So my fiancé is a PhD student. That fact is only relevant in that it’s my main source of information about processes at various academic institutions. While he is a student and works for only one university, he is on projects with other universities, and regularly reviews papers for journals.
There are times he shows me or tells me about websites, surveys, graphs, or practices that clearly violate current accessibility standards. At times he has mentioned this to the people in charge of these items and he frequently gets the response along the lines of “I don’t think people with visual impairments will use this.”
As someone who strives to ensure accessibility practices are followed, this response makes me frustrated. But, rather than having this be a series with me venting about these transgressions, I’d like to take this time to give a brief overview on how academic faculty and staff (or other researchers) can build accessibility practices into their workflow and why they should.
This series is going to focus on a few main problems with accessibility in academic research, but by no means are they they only ones. If you’re curious about other accessibility considerations, take a look at Anne Gibson’s Alphabet of Accessibility on the Pastry Box Project; it’s fantastic.
Color usage in research graphs/charts
Most people experience normal color vision. Most people tend to create images that are visually distinct to them. If they can tell the difference between two colors on a graph or chart, they believe their audience will be able to as well.
However, color blindness affects about 1 in 12 men and 1 in 200 females. There are an estimated 300 million people worldwide that experience some type of color blindness. This means that there’s a high likelihood that someone you have met or know has some form of color blindness.
The most common type of color blindness is red or green color blindness. However, there are other forms of color blindness, including blue deficiency and total color agnosia (everything appears as shades of grey).
All color blindness can vary in its severity, and isn’t limited only to the deficient colors. Colors with red, blue, or green in them can be difficult to discern as well. For instance, purple is comprised of varying shades of blue and red. When you take away the red from your vision, blue and purple can look very similar.
Lots of scholarly research includes graphs and charts to represent data and results. However, depending on your color scheme, and how you’ve set up your chart, it may not be readable by everyone.
Example of a Bad Graph





How to Fix the Problem
I will mention that the legend in the above graph does list the items in the order they appear, but that’s not always possible in graphs, nor is it always how it is done. So, what can we do to adjust these graphs to make them more color blind friendly?
- Vary the hues/saturation of the graph colors so they appear different to users with monochromacy. For instance, in the full-color graph above, you can see that the color for peaches is much lighter than the color for tangerines. In the monochromacy graph below it, you can see that the two bars on the right of the graph have different levels of white and black. The peach displays as a much lighter grey than the tangerine, making it visually distinct.
2. Use patterns in data visualization to convey the different data sets. The below image shows an example of a graph that uses patterns to convey the differences, so that color isn’t the distinguishing factor. Regardless of the colors a user can see, they will all be able to pick up on the different patterns and will be able to easily differentiate them.
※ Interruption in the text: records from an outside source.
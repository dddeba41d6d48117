-- ===== src/Http/Tests.antt =====
-- The HTTP sessions at concrete inputs, with digests and a network that are easy to follow.
use mexc_cpp_api.Base.{
  ℕ, ◌+◌, ◌≡◌, refl, ◌⊎◌, [], ◌∷◌, ◌++◌, true, false, some, arith, ok, throw, Exception,
}
use mexc_cpp_api.Base.Int.{pos}
use mexc_cpp_api.Base.Text.{Text, codes, to_string, text_eq, text_lt}
use mexc_cpp_api.Base.StringMap.{StringMap, lookup, erase, insert_or_assign}
use mexc_cpp_api.Http.{get, Request, Crypto, Environment, header}
use mexc_cpp_api.Http.Query.{create_query_str}
use mexc_cpp_api.Http.Query.Laws.{read_key, read_key-create_query_str}
use mexc_cpp_api.Http.Spot.{SpotSession, spot_session, create_request}
use mexc_cpp_api.Http.Futures.{
  FuturesSession, key_session, token_session, web, open_api, method_get, method_post, dressed,
  authenticate_get,
}
use mexc_cpp_api.Http.Signing.{
  spot_request_signed, accepts_key, accepts_token, method_get_accepted, method_post_cases,
}

abbrev crypto : Crypto
crypto = record {
  hmac_sha256 = λ key message. key ++ (codes ":" ++ message);
  md5 = λ message. codes "digest:" ++ message;
  string_to_hex = λ digest. codes "hex:" ++ digest;
}

-- The world counts what has happened; the server answers with the target.
abbrev env : Environment
env = record {
  World = ℕ;
  current_time_ms = λ w. (1_700_000_000_000 + w, w + 1);
  sleep_for_ms = λ ms w. w + ms;
  version_string = codes "Beast";
  exchange = λ host req w. (ok (record { status = pos 200; body = req.target }), w + 1);
}

abbrev symbol_and_limit : StringMap Text
symbol_and_limit = (codes "limit", codes "5") ∷ (codes "symbol", codes "BTC_USDT") ∷ []

query : create_query_str symbol_and_limit ≡ codes "limit=5&symbol=BTC_USDT"
unfolding create_query_str
query = refl

abbrev alice : SpotSession
alice = spot_session (codes "alice") (codes "secret")

signed_target :
    (create_request crypto alice 17 get (codes "/api") symbol_and_limit false).0.target
    ≡ codes
        "/api?limit=5&signature=hex:secret:limit=5&symbol=BTC_USDT&timestamp=17&symbol=BTC_USDT&timestamp=17"
unfolding create_request create_query_str insert_or_assign text_eq text_lt to_string
signed_target = refl

sent_private :
    method_get crypto env
      (key_session (codes "k") (codes "s"))
      (codes "/a")
      symbol_and_limit
      false
      3
    ≡ (ok (record { status = pos 200; body = codes "/a?limit=5&symbol=BTC_USDT" }), 5)
unfolding method_get create_query_str dressed authenticate_get
sent_private = refl

read_key-create_query_str_example :
    read_key [] (create_query_str symbol_and_limit) ≡ symbol_and_limit
read_key-create_query_str_example =
    read_key-create_query_str (codes "limit", codes "5") ((codes "symbol", codes "BTC_USDT") ∷ [])
      (ground arith)

spot_request_signed_example :
    let (req, signed) = create_request crypto alice 17 get (codes "/api") symbol_and_limit false in
    (req.target ≡ codes "/api" ++ (codes "?" ++ create_query_str signed))
    × (lookup (codes "signature") signed
        ≡ some (
            codes "hex:"
            ++ (codes "secret"
                ++ (codes ":" ++ create_query_str (erase (codes "signature") signed)))))
    × (lookup (codes "timestamp") signed ≡ some (to_string (pos 17)))
    × (lookup (codes "limit") signed ≡ some (codes "5"))
    × (header "X-MEXC-APIKEY" req ≡ some (codes "alice"))
unfolding lookup text_eq
spot_request_signed_example =
    spot_request_signed crypto alice 17 get (codes "/api") symbol_and_limit (codes "limit") refl
      refl refl

abbrev bob : FuturesSession
bob = key_session (codes "bob") (codes "secret")

method_get_accepted_example :
    (req : Request) × (method_get crypto env bob (codes "/a") symbol_and_limit false 3
      ≡ env.exchange bob.uri req (env.current_time_ms 3).1)
    × (accepts_key crypto (codes "secret") req ≡ true)
method_get_accepted_example =
    method_get_accepted crypto env bob (codes "/a") 3 symbol_and_limit refl (ground arith)

method_post_cases_example :
    let carol = token_session (codes "carol") web in
    ((web ≡ web)
      × (req : Request) × (method_post crypto env carol (codes "/a") (codes "{}") 3
          ≡ env.exchange carol.uri req (env.current_time_ms 3).1)
      × (req.body ≡ codes "{}")
      × (header "Authorization" req ≡ some (codes "carol"))
      × (accepts_token crypto req ≡ true))
    ⊎ ((web ≡ open_api)
        × (e : Exception) × (method_post crypto env carol (codes "/a") (codes "{}") 3
            ≡ (throw e, 3)))
method_post_cases_example =
    method_post_cases crypto env (token_session (codes "carol") web) (codes "/a") 3 (codes "{}")
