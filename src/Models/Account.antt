-- ===== src/Models/Account.antt =====
-- `WalletBalance` and `Ticker` of include/vk/mexc/mexc_models.h and src/mexc_models.cpp.
use mexc_cpp_api.Base.{[], Mutate, ◌>>◌, within}
use mexc_cpp_api.Base.Text.{Text}
use mexc_cpp_api.Base.Int.{ℤ, pos}
use mexc_cpp_api.External.{Library}
use mexc_cpp_api.External.Reading.{text_member, int_member, decimal_value_member, decimal_member}
use mexc_cpp_api.Models.Futures.{Response, fresh_response, response_from_json}

module _ (library : Library) where
  open library use {Json, Decimal, zero_decimal}

  pub record WalletBalance : Type 0 where
    pub response : Response library
    pub currency : Text
    pub position_margin : Decimal
    pub available_balance : Decimal
    pub cash_balance : Decimal
    pub frozen_balance : Decimal
    pub equity : Decimal
    pub unrealized : Decimal
    pub bonus : Decimal

  abbrev pub fresh_wallet_balance : WalletBalance
  fresh_wallet_balance = record {
    response = fresh_response library;
    currency = [];
    position_margin = zero_decimal;
    available_balance = zero_decimal;
    cash_balance = zero_decimal;
    frozen_balance = zero_decimal;
    equity = zero_decimal;
    unrealized = zero_decimal;
    bonus = zero_decimal;
  }

  -- The members that are read from `data`.
  wallet_balance_members : Json → Mutate WalletBalance
  wallet_balance_members json = do
    text_member library json "currency" (λ s. s.currency) (λ v s. record s { currency = v })
    decimal_value_member library json "positionMargin" (λ v s. record s { position_margin = v })
    decimal_value_member library json "availableBalance" (λ v s. record s { available_balance = v })
    decimal_value_member library json "cashBalance" (λ v s. record s { cash_balance = v })
    decimal_value_member library json "frozenBalance" (λ v s. record s { frozen_balance = v })
    decimal_value_member library json "equity" (λ v s. record s { equity = v })
    decimal_value_member library json "unrealized" (λ v s. record s { unrealized = v })
    decimal_value_member library json "bonus" (λ v s. record s { bonus = v })

  unfoldable pub wallet_balance_from_json : Json → Mutate WalletBalance
  unfolding wallet_balance_members
  wallet_balance_from_json json = do
    within (λ s. s.response) (λ r s. record s { response = r }) (response_from_json library json)
    λ s. wallet_balance_members s.response.payload s

  pub record Ticker : Type 0 where
    pub response : Response library
    pub symbol : Text
    pub last_price : Decimal
    pub bid1 : Decimal
    pub ask1 : Decimal
    pub volume24 : Decimal
    pub amount24 : Decimal
    pub hold_vol : Decimal
    pub timestamp : ℤ

  abbrev pub fresh_ticker : Ticker
  fresh_ticker = record {
    response = fresh_response library;
    symbol = [];
    last_price = zero_decimal;
    bid1 = zero_decimal;
    ask1 = zero_decimal;
    volume24 = zero_decimal;
    amount24 = zero_decimal;
    hold_vol = zero_decimal;
    timestamp = pos 0;
  }

  ticker_members : Json → Mutate Ticker
  ticker_members json = do
    text_member library json "symbol" (λ s. s.symbol) (λ v s. record s { symbol = v })
    decimal_member library json "lastPrice" (λ v s. record s { last_price = v })
    decimal_member library json "bid1" (λ v s. record s { bid1 = v })
    decimal_member library json "ask1" (λ v s. record s { ask1 = v })
    decimal_member library json "volume24" (λ v s. record s { volume24 = v })
    decimal_member library json "amount24" (λ v s. record s { amount24 = v })
    decimal_member library json "holdVol" (λ v s. record s { hold_vol = v })
    int_member library json "timestamp" (λ s. s.timestamp) (λ v s. record s { timestamp = v })

  unfoldable pub ticker_from_json : Json → Mutate Ticker
  unfolding ticker_members
  ticker_from_json json = do
    within (λ s. s.response) (λ r s. record s { response = r }) (response_from_json library json)
    λ s. ticker_members s.response.payload s
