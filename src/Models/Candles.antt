-- ===== src/Models/Candles.antt =====
-- `futures::Candle` and `Candles` of include/vk/mexc/mexc_models.h and src/mexc_models.cpp.
pub mod Cells
pub mod Rows
use mexc_cpp_api.Base.{
  ℕ, Bool, List, [], ◌∷◌, ◌++◌, Step, Outcome, done, Mutate, ◌>>=◌, ◌>>◌, assign, within, local,
  each, range_from, ◌==◌, if◌then◌else◌,
}
use mexc_cpp_api.Base.Int.{ℤ, pos, scale, fits_int64}
use mexc_cpp_api.External.{Library}
use mexc_cpp_api.Models.Futures.{Response, fresh_response, response_from_json}

module _ (library : Library) where
  open library use {
    Json, Decimal, contains, at_key, at_index, at_key_or_null, size, get_int, get_double,
    double_to_string, decimal_of_text, zero_decimal,
  }

  pub record Candle : Type 0 where
    pub open_time : ℤ
    pub open_price : Decimal
    pub high : Decimal
    pub low : Decimal
    pub close_price : Decimal
    pub volume : Decimal
    pub amount : Decimal

  abbrev pub fresh_candle : Candle
  fresh_candle = record {
    open_time = pos 0;
    open_price = zero_decimal;
    high = zero_decimal;
    low = zero_decimal;
    close_price = zero_decimal;
    volume = zero_decimal;
    amount = zero_decimal;
  }

  -- `times[i].get<std::int64_t>() * 1000`, which is undefined where it leaves `int64_t`.
  unfoldable pub ms_at : Json → ℕ → Outcome ℤ
  ms_at json i = at_index json i >>= λ v. get_int v >>= λ n.
      if fits_int64 (scale n 1000) then Outcome.ok (scale n 1000) else Outcome.fault

  -- `assign(std::to_string(column[i].get<double>()))`.
  unfoldable pub decimal_at : Json → ℕ → Outcome Decimal
  decimal_at json i =
      at_index json i >>= λ v. get_double v >>= λ d. decimal_of_text (double_to_string d)

  -- The arrays of `data`, one for each member of a candle.
  pub record Columns : Type 0 where
    pub times : Json
    pub opens : Json
    pub highs : Json
    pub lows : Json
    pub closes : Json
    pub vols : Json
    pub amounts : Json

  unfoldable pub columns_of : Json → Outcome Columns
  columns_of json = do
    times ← at_key_or_null json "time"
    opens ← at_key_or_null json "open"
    highs ← at_key_or_null json "high"
    lows ← at_key_or_null json "low"
    closes ← at_key_or_null json "close"
    vols ← at_key_or_null json "vol"
    amounts ← at_key_or_null json "amount"
    Outcome.ok (record {
      times = times;
      opens = opens;
      highs = highs;
      lows = lows;
      closes = closes;
      vols = vols;
      amounts = amounts;
    })

  -- The candle with index `i`.
  unfoldable pub candle_at : Columns → ℕ → Mutate Candle
  unfolding ms_at decimal_at
  candle_at columns i = do
    assign (ms_at columns.times i) (λ v s. record s { open_time = v })
    assign (decimal_at columns.opens i) (λ v s. record s { open_price = v })
    assign (decimal_at columns.highs i) (λ v s. record s { high = v })
    assign (decimal_at columns.lows i) (λ v s. record s { low = v })
    assign (decimal_at columns.closes i) (λ v s. record s { close_price = v })
    assign (decimal_at columns.vols i) (λ v s. record s { volume = v })
    assign (decimal_at columns.amounts i) (λ v s. record s { amount = v })

  pub record Candles : Type 0 where
    pub response : Response library
    pub candles : List Candle

  abbrev pub fresh_candles : Candles
  fresh_candles = record { response = fresh_response library; candles = [] }

  unfoldable pub candle_item : Columns → ℕ → Mutate Candles
  candle_item columns i =
      local fresh_candle (candle_at columns i) (λ v s. record s { candles = s.candles ++ (v ∷ []) })

  unfoldable pub fill : Outcome Columns → Mutate Candles
  fill (Outcome.ok columns) s = each (candle_item columns) (range_from 0 (size columns.times)) s
  fill (Outcome.throw e) s = Step.threw e s
  fill Outcome.fault s = Step.faulted

  -- What follows `Response::fromJson`: no `time`, or an empty one, is no candle.
  unfoldable pub candles_from_payload : Json → Mutate Candles
  unfolding fill
  candles_from_payload json s =
      if contains json "time"
      then elim (at_key json "time") [
        | Outcome.ok times ↦ if size times == 0 then done s else fill (columns_of json) s
        | Outcome.throw e ↦ Step.threw e s
        | Outcome.fault ↦ Step.faulted
      ]
      else done s

  unfoldable pub candles_from_json : Json → Mutate Candles
  candles_from_json json = do
    within (λ s. s.response) (λ r s. record s { response = r }) (response_from_json library json)
    λ s. candles_from_payload s.response.payload s
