-- ===== src/Models/Candles/Cells.antt =====
-- What one candle of `Candles::fromJson` of src/mexc_models.cpp is read from.
use mexc_cpp_api.Base.{
  ℕ, ◌≡◌, refl, sym, ap, ◌∙◌, Bool, true, false, Outcome, ok, throw, fault, done, ◌>>=◌, >>=-eq-ok,
  ok-injective, String, assign, ◌>>◌, subst, if◌then◌else◌,
}
use mexc_cpp_api.Base.Int.{ℤ, scale, fits_int64}
use mexc_cpp_api.Base.Effects.{done-injective}
use mexc_cpp_api.External.{Library}
use mexc_cpp_api.Models.Candles.{
  Candle, Columns, fresh_candle, columns_of, candle_at, ms_at, decimal_at,
}

module _ (library : Library) where
  open library use {
    Json, Decimal, contains, at_key, at_key_or_null, size, at_index, get_int, get_double,
    double_to_string, decimal_of_text,
  }

  -- The element with index `i` of the array under a key.
  abbrev pub cell : {A : Type 0} → Json → String → ℕ → (Json → Outcome A) → Outcome A
  cell json key i read = at_key_or_null json key >>= λ column. at_index column i >>= read

  -- A number that becomes a decimal through its text.
  abbrev pub price : Json → Outcome Decimal
  price v = get_double v >>= λ d. decimal_of_text (double_to_string d)

  -- The candle holds the elements with index `i`, and its time in milliseconds.
  pub record IsRow (json : Json) (i : ℕ) (c : Candle library) : Type 0 where
    pub seconds : ℤ
    pub time : cell json "time" i get_int ≡ ok seconds
    pub ms : c.open_time ≡ scale seconds 1000
    pub open_price : cell json "open" i price ≡ ok c.open_price
    pub high : cell json "high" i price ≡ ok c.high
    pub low : cell json "low" i price ≡ ok c.low
    pub close_price : cell json "close" i price ≡ ok c.close_price
    pub volume : cell json "vol" i price ≡ ok c.volume
    pub amount : cell json "amount" i price ≡ ok c.amount

  ms_lem :
      (o : Outcome Json) (m : ℤ)
      → (o >>= λ v.
          get_int v >>= λ n. if fits_int64 (scale n 1000) then ok (scale n 1000) else fault)
        ≡ ok m
      → (n : ℤ) × ((o >>= get_int) ≡ ok n) × (m ≡ scale n 1000)
  ms_lem o m h =
      let (v, e, h') = >>=-eq-ok o _ h in
      let (n, e', h'') = >>=-eq-ok (get_int v) _ h' in
      (n, ap (λ x. x >>= get_int) e ∙ e', fitting (fits_int64 (scale n 1000)) n h'')
    where
      fitting :
          (b : Bool) (n : ℤ) → (if b then ok (scale n 1000) else fault) ≡ ok m → m ≡ scale n 1000
      fitting true n g = sym (ok-injective g)
      fitting false n g = cc

  -- What the members of a candle are read from.
  abbrev Members : Outcome ℤ → (o h l cl v a : Outcome Decimal) → Candle library → Type 0
  Members t o h l cl v a c =
      (t ≡ ok c.open_time)
      × (o ≡ ok c.open_price)
      × (h ≡ ok c.high)
      × (l ≡ ok c.low)
      × (cl ≡ ok c.close_price)
      × (v ≡ ok c.volume)
      × (a ≡ ok c.amount)

  members_lem :
      (t : Outcome ℤ) (o h l cl v a : Outcome Decimal) (c : Candle library)
      → (do
        assign t (λ x s. record s { open_time = x })
        assign o (λ x s. record s { open_price = x })
        assign h (λ x s. record s { high = x })
        assign l (λ x s. record s { low = x })
        assign cl (λ x s. record s { close_price = x })
        assign v (λ x s. record s { volume = x })
        assign a (λ x s. record s { amount = x }))
          (fresh_candle library)
        ≡ done c
      → Members t o h l cl v a c
  members_lem (ok t) (ok o) (ok h) (ok l) (ok cl) (ok v) (ok a) c e =
      subst (Members (ok t) (ok o) (ok h) (ok l) (ok cl) (ok v) (ok a)) (done-injective e)
        (refl, refl, refl, refl, refl, refl, refl)
  members_lem fault o h l cl v a c e = cc
  members_lem (throw x) o h l cl v a c e = cc
  members_lem (ok t) fault h l cl v a c e = cc
  members_lem (ok t) (throw x) h l cl v a c e = cc
  members_lem (ok t) (ok o) fault l cl v a c e = cc
  members_lem (ok t) (ok o) (throw x) l cl v a c e = cc
  members_lem (ok t) (ok o) (ok h) fault cl v a c e = cc
  members_lem (ok t) (ok o) (ok h) (throw x) cl v a c e = cc
  members_lem (ok t) (ok o) (ok h) (ok l) fault v a c e = cc
  members_lem (ok t) (ok o) (ok h) (ok l) (throw x) v a c e = cc
  members_lem (ok t) (ok o) (ok h) (ok l) (ok cl) fault a c e = cc
  members_lem (ok t) (ok o) (ok h) (ok l) (ok cl) (throw x) a c e = cc
  members_lem (ok t) (ok o) (ok h) (ok l) (ok cl) (ok v) fault c e = cc
  members_lem (ok t) (ok o) (ok h) (ok l) (ok cl) (ok v) (throw x) c e = cc

  -- The arrays of the answer, each under its key.
  pub record AreColumns (json : Json) (columns : Columns library) : Type 0 where
    pub times : at_key_or_null json "time" ≡ ok columns.times
    opens : at_key_or_null json "open" ≡ ok columns.opens
    highs : at_key_or_null json "high" ≡ ok columns.highs
    lows : at_key_or_null json "low" ≡ ok columns.lows
    closes : at_key_or_null json "close" ≡ ok columns.closes
    vols : at_key_or_null json "vol" ≡ ok columns.vols
    amounts : at_key_or_null json "amount" ≡ ok columns.amounts

  pub columns_lem :
      (json : Json) (columns : Columns library)
      → columns_of library json ≡ ok columns
      → AreColumns json columns
  unfolding columns_of
  columns_lem json columns h =
      let (t, e1, h1) = >>=-eq-ok (at_key_or_null json "time") _ h in
      let (o, e2, h2) = >>=-eq-ok (at_key_or_null json "open") _ h1 in
      let (u, e3, h3) = >>=-eq-ok (at_key_or_null json "high") _ h2 in
      let (l, e4, h4) = >>=-eq-ok (at_key_or_null json "low") _ h3 in
      let (c, e5, h5) = >>=-eq-ok (at_key_or_null json "close") _ h4 in
      let (v, e6, h6) = >>=-eq-ok (at_key_or_null json "vol") _ h5 in
      let (a, e7, h7) = >>=-eq-ok (at_key_or_null json "amount") _ h6 in
      subst (AreColumns json) (ok-injective h7) (record {
        times = e1;
        opens = e2;
        highs = e3;
        lows = e4;
        closes = e5;
        vols = e6;
        amounts = e7;
      })

  cell_lem :
      {A : Type 0} (json column : Json) (key : String) (i : ℕ) (read : Json → Outcome A) {a : A}
      → at_key_or_null json key ≡ ok column
      → (at_index column i >>= read) ≡ ok a
      → cell json key i read ≡ ok a
  cell_lem json column key i read e h = rw e h

  pub candle_lem :
      (json : Json) (columns : Columns library) (i : ℕ) (c : Candle library)
      → AreColumns json columns
      → candle_at library columns i (fresh_candle library) ≡ done c
      → IsRow json i c
  unfolding candle_at ms_at decimal_at
  candle_lem json columns i c are h =
      let (t, o, u, l, cl, v, a) = members_lem _ _ _ _ _ _ _ c h in
      let (n, e, same) = ms_lem (at_index columns.times i) c.open_time t in
      record {
        seconds = n;
        time = cell_lem json columns.times "time" i get_int are.times e;
        ms = same;
        open_price = cell_lem json columns.opens "open" i price are.opens o;
        high = cell_lem json columns.highs "high" i price are.highs u;
        low = cell_lem json columns.lows "low" i price are.lows l;
        close_price = cell_lem json columns.closes "close" i price are.closes cl;
        volume = cell_lem json columns.vols "vol" i price are.vols v;
        amount = cell_lem json columns.amounts "amount" i price are.amounts a;
      }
3. Don’t rely on color/legends alone to identify the data; use labels. Many graphs use a color legend to help viewers identify what the different parts of the graph represent. However, for users with color deficiencies it can be difficult to see and identify the colors in the legend, and on the graph. Adding in labels to the different data sections avoids that problem neatly. It clearly labels what the viewer is looking at (if they don’t need alt text-that’s a separate post). The graph below demonstrates using labels to identify the different data.

Resources
So, how can you easily incorporate this into your workflow? Chrome has several plugins that mimic what different types of color blindness look like, so that you can inspect your work as you go. I recommend the Chromacy Chrome plugin to check your work online.
If you want something that will show you what it looks like on work you’re doing on any software you have on your computer, you can download Color Oracle (free) to use on your computer. It is compatible with both Mac and Windows computers.
If you’re creating work in JupyterLab, my fiancé developed a plugin to help you check for color blindness problems in the software. Neither he nor I gets any kind of compensation from you using this. You can see how to use it in this GIF below.

For help figuring out which colors to use (if you aren’t using patterns or labels), you can use ColorBrewer to find compatible colors. While this website helps generate colors for maps, you can use the same colors on something else once they’ve generated it; just please credit them for it. At the top, just select the number of data classes you have, and it will generate a palate for you (max is 12).
These are by no means the only tools you can use, just some of them. I hope you’re able to use them in your work to make your research more accessible!